Work to complete —
In the listing below, how many lines include "FileIo"? Give the number and no other text.

☆ ☆ ☆ ☆ ☆ ☆ ☆

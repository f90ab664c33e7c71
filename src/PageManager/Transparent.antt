-- ===== src/PageManager/Transparent.antt =====
-- src/persistence_layer/file_io/page_manager.rs: loading, giving up and writing back pages does not change
-- what the pages are.
use elektro_em_eukal.Base.{
  ℕ, ◌+◌, ◌≤◌, ◌≡◌, refl, sym, ap, subst, ◌∙◌, Bool, true, false, Option, none, some, is_some, List,
  [], ◌∷◌, arith, length, if◌then◌else◌, Bool-cases, inl, inr, update,
}
use elektro_em_eukal.LogRecord.Parts.{drop}
use elektro_em_eukal.LogRecord.Written.{length-drop}
use elektro_em_eukal.RandomAccessFile.{RandomAccessFile, Fault, read, write_at}
use elektro_em_eukal.RandomAccessFile.Reads.{read_window}
use elektro_em_eukal.FileIo.Linked.{update_self}
use elektro_em_eukal.FileIo.Written.{length-take}
use elektro_em_eukal.EvictablePage.{EvictablePage, address, is_dirty, from_file}
use elektro_em_eukal.PageManager.{
  PageManager, write_back_until, from_file_until, write_back_evicted_sync, evict, put_page,
  wake_caching, fill_cache_sync, write_back_sync,
}
use elektro_em_eukal.PageManager.Disk.{
  disk, InFile, length-write_at, disk-write_at, disk-write_at_other,
}
use elektro_em_eukal.PageManager.Cached.{
  StandsFor, IsCoherent, view, Kept, Kept-trans, replaced-Kept, write_back_until-write,
  written_content,
}

module _ (faults : List Fault) (m : PageManager) (v : ℕ) (page : EvictablePage) (c : IsCoherent m)
    (e : m.page_cache v ≡ some page) where
  abbrev written : RandomAccessFile
  written = (write_back_until faults page m.db).1

  content : written.content ≡ write_at m.db.content v page.page_buffer
  content =
      written_content faults page m.db
      ∙ ap (λ a. write_at m.db.content a page.page_buffer) (c v page e).1

  written_disk : disk v written.content ≡ page.page_buffer
  written_disk = ap (disk v) content ∙ disk-write_at v m.db.content page.page_buffer (c v page e).2

  -- The page is written back, and its entry is replaced.
  written-Kept :
      (o : Option EvictablePage)
      → ((page' : EvictablePage) → o ≡ some page' → StandsFor written.content v page')
      → view o (disk v written.content) ≡ page.page_buffer
      → Kept m (record m { db = written; page_cache = update m.page_cache v o })
  written-Kept o h s =
      replaced-Kept m v o written c h (s ∙ sym (ap (λ x. view x (disk v m.db.content)) e))
        (subst (λ x. length m.db.content ≤ length x) (sym content)
          (length-write_at m.db.content v page.page_buffer))
        (λ b f n.
          ap (disk b) content
          ∙ disk-write_at_other v b m.db.content page.page_buffer (c v page e).2 (c v page e).0 f n)

  removed-Kept : Kept m (
      if is_dirty page
      then write_back_evicted_sync faults page
          (record m { page_cache = update m.page_cache v none })
      else record m { page_cache = update m.page_cache v none })
  unfolding write_back_evicted_sync
  removed-Kept = elim (Bool-cases (is_dirty page)) [
    | inl t ↦ rw t (written-Kept none (λ page' x. absurd_page page' x) written_disk)
    | inr f ↦ rw f (
        replaced-Kept m v none m.db c (λ page' x. absurd_page page' x)
          (sym ((c v page e).3 f) ∙ sym (ap (λ x. view x (disk v m.db.content)) e)) (omega arith)
          (λ b f' n. refl))
  ]
    where
      absurd_page : {P : Type 0} → (page' : EvictablePage) → none ≡ some page' → P
      absurd_page page' x = cc

  in_written : InFile v written.content
  in_written = (
    (c v page e).0.0,
    subst (λ x. v + 512 ≤ length x) (sym content)
        (omega (arith, (c v page e).0.1, length-write_at m.db.content v page.page_buffer)),
  )

evict-Kept :
    (faults : List Fault) (victim : Option ℕ) (m : PageManager)
    → IsCoherent m
    → Kept m (evict faults victim m)
unfolding evict
evict-Kept faults none m c = (c, omega arith, λ b f. refl)
evict-Kept faults (some v) m c = evicted (m.page_cache v) refl
  where
    evicted :
        (o : Option EvictablePage)
        → m.page_cache v ≡ o
        → Kept m (elim o [
          | none ↦ m
          | some page ↦
              let m' = record m { page_cache = update m.page_cache v none } in
              let written = write_back_evicted_sync faults page m' in
              if is_dirty page then written else m'
        ])
    evicted none e = (c, omega arith, λ b f. refl)
    evicted (some page) e = removed-Kept faults m v page c e

loaded : ℕ → List ℕ → EvictablePage
loaded a content = record { address_and_dirty_flag = a; page_buffer = disk a content }

from_file_until-loaded :
    (kinds : List ℕ) (a : ℕ) (db : RandomAccessFile)
    → InFile a db.content
    → from_file_until kinds a db ≡ some (loaded a db.content)
unfolding from_file_until from_file read loaded disk
from_file_until-loaded [] a db (e, h) =
    let whole =
      read_window db 512 a (drop a db.content) refl (omega (arith, h, length-drop a db.content)) in
    rw (from_file_until, from_file, whole) refl
from_file_until-loaded (k ∷ kinds) a db f = from_file_until-loaded kinds a db f

loaded-StandsFor :
    (a : ℕ) (content : List ℕ) → InFile a content → StandsFor content a (loaded a content)
unfolding loaded address is_dirty disk
loaded-StandsFor a content (e, h) = (
  (e, h),
  omega (arith, e),
  length-take 512 (drop a content) (omega (arith, h, length-drop a content)),
  λ d. refl,
)

removed-none : (f : ℕ → Option EvictablePage) (v a : ℕ) → f a ≡ none → update f v none a ≡ none
removed-none f v a h = ground (arith, h)

evict-none :
    (faults : List Fault) (victim : Option ℕ) (m : PageManager) (a : ℕ)
    → m.page_cache a ≡ none
    → (evict faults victim m).page_cache a ≡ none
unfolding evict write_back_evicted_sync
evict-none faults none m a h = h
evict-none faults (some v) m a h = evicted (m.page_cache v)
  where
    dirty :
        (d : Bool) (page : EvictablePage)
        → (if d
              then write_back_evicted_sync faults page
                  (record m { page_cache = update m.page_cache v none })
              else record m { page_cache = update m.page_cache v none }).page_cache
            a
          ≡ none
    dirty true page = removed-none m.page_cache v a h
    dirty false page = removed-none m.page_cache v a h

    evicted :
        (o : Option EvictablePage)
        → (elim o as (λ x. PageManager) [
          | none ↦ m
          | some page ↦
              let m' = record m { page_cache = update m.page_cache v none } in
              let written = write_back_evicted_sync faults page m' in
              if is_dirty page then written else m'
        ]).page_cache
            a
          ≡ none
    evicted none = h
    evicted (some page) = dirty (is_dirty page) page

-- A page that is not in the cache is put there as it is in the file.
put-Kept :
    (a : ℕ) (m m' : PageManager)
    → Kept m m'
    → InFile a m.db.content
    → m.page_cache a ≡ none
    → m'.page_cache a ≡ none
    → Kept m (put_page a (loaded a m.db.content) m')
unfolding loaded
put-Kept a m m' (c, l, s) f n n' =
    let here = ap (λ x. view x (disk a m.db.content)) n in
    let same : disk a m'.db.content ≡ disk a m.db.content =
      sym (ap (λ x. view x (disk a m'.db.content)) n') ∙ s a f ∙ here in
    let in_file : InFile a m'.db.content = (f.0, omega (arith, f.1, l)) in
    let stands =
      subst (StandsFor m'.db.content a)
        (ap (λ x. record { address_and_dirty_flag = a; page_buffer = x }) same)
        (loaded-StandsFor a m'.db.content in_file) in
    Kept-trans m m' (put_page a (loaded a m.db.content) m') (c, l, s)
      (replaced-Kept m' a (some (loaded a m.db.content)) m'.db c
        (λ page e. subst (StandsFor m'.db.content a) (some_injective _ page e) stands)
        (sym here ∙ sym (s a f)) (omega arith) (λ b f' x. refl))
  where
    some_injective : (p q : EvictablePage) → some p ≡ some q → p ≡ q
    some_injective p q e = cc

-- The cache is coherent still, every page is what it was, and the one that was asked for is cached.
abbrev pub Fills : ℕ → PageManager → Option PageManager → Type 0
Fills a m r = (m' : PageManager) × (r ≡ some m') × Kept m m' × (is_some (m'.page_cache a) ≡ true)

fill_cache_sync-Fills :
    (kinds : List ℕ) (faults : List Fault) (victim : Option ℕ) (a : ℕ) (m : PageManager)
    → IsCoherent m
    → InFile a m.db.content
    → Fills a m (fill_cache_sync kinds faults victim a m)
unfolding fill_cache_sync
fill_cache_sync-Fills kinds faults victim a m c f = filled (m.page_cache a) refl
  where
    filled :
        (o : Option EvictablePage)
        → m.page_cache a ≡ o
        → Fills a m (elim o [
          | some page ↦ some (wake_caching m)
          | none ↦ elim (from_file_until kinds a m.db) [
            | none ↦ none
            | some page ↦ some (wake_caching (put_page a page (evict faults victim m)))
          ]
        ])
    filled (some page) e = (wake_caching m, refl, (c, omega arith, λ b f'. refl), ap is_some e)
    filled none e = rw (from_file_until-loaded kinds a m.db f) (
      wake_caching (put_page a (loaded a m.db.content) (evict faults victim m)),
      refl,
      put-Kept a m (evict faults victim m) (evict-Kept faults victim m c) f e
          (evict-none faults victim m a e),
      ap is_some (update_self (evict faults victim m).page_cache a (some (loaded a m.db.content))),
    )

cleaned-StandsFor :
    (content : List ℕ) (v : ℕ) (page : EvictablePage)
    → InFile v content
    → address page ≡ v
    → length page.page_buffer ≡ 512
    → page.page_buffer ≡ disk v content
    → StandsFor content v (record page { address_and_dirty_flag = address page })
unfolding address
cleaned-StandsFor content v page f ad l s = (f, omega (arith, ad, f.0), l, λ d. s)

write_back_sync-Kept :
    (faults : List Fault) (a : ℕ) (m : PageManager)
    → IsCoherent m
    → Kept m (write_back_sync faults a m)
unfolding write_back_sync
write_back_sync-Kept faults a m c = written_back (m.page_cache a) refl
  where
    some_injective : (p q : EvictablePage) → some p ≡ some q → p ≡ q
    some_injective p q e = cc

    written_back :
        (o : Option EvictablePage)
        → m.page_cache a ≡ o
        → Kept m (elim o [
          | none ↦ m
          | some page ↦
              let (page', db') = write_back_until faults page m.db in
              record (put_page a page' m) { db = db' }
        ])
    written_back none e = (c, omega arith, λ b f'. refl)
    written_back (some page) e =
        let cleaned =
          ap (λ (x : EvictablePage × RandomAccessFile). x.0)
            (write_back_until-write faults page m.db) in
        written-Kept faults m a page c e (some (write_back_until faults page m.db).0)
          (λ page' x.
            subst (StandsFor (write_back_until faults page m.db).1.content a)
              (sym cleaned ∙ some_injective _ page' x)
              (cleaned-StandsFor (write_back_until faults page m.db).1.content a page
                (in_written faults m a page c e) (c a page e).1 (c a page e).2
                (sym (written_disk faults m a page c e))))
          (ap (λ (x : EvictablePage). x.page_buffer) cleaned)

-- Behind the cache every page is what it was: when the thread for file operations loads a page of the
-- file, which ends whatever reads fail at first, and gives up another entry for it, dirty or clean, and
-- when it writes a page back, whatever writes fail at first. The pages in the cache that are clean
-- stay as they are in the file.
pub page_cache-Kept :
    (kinds : List ℕ) (faults : List Fault) (victim : Option ℕ) (a : ℕ) (m : PageManager)
    → IsCoherent m
    → InFile a m.db.content
    → Fills a m (fill_cache_sync kinds faults victim a m) × Kept m (write_back_sync faults a m)
page_cache-Kept kinds faults victim a m c f =
    (fill_cache_sync-Fills kinds faults victim a m c f, write_back_sync-Kept faults a m c)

☆ ☆ ☆ ☆ ☆ ☆ ☆

Your response —
2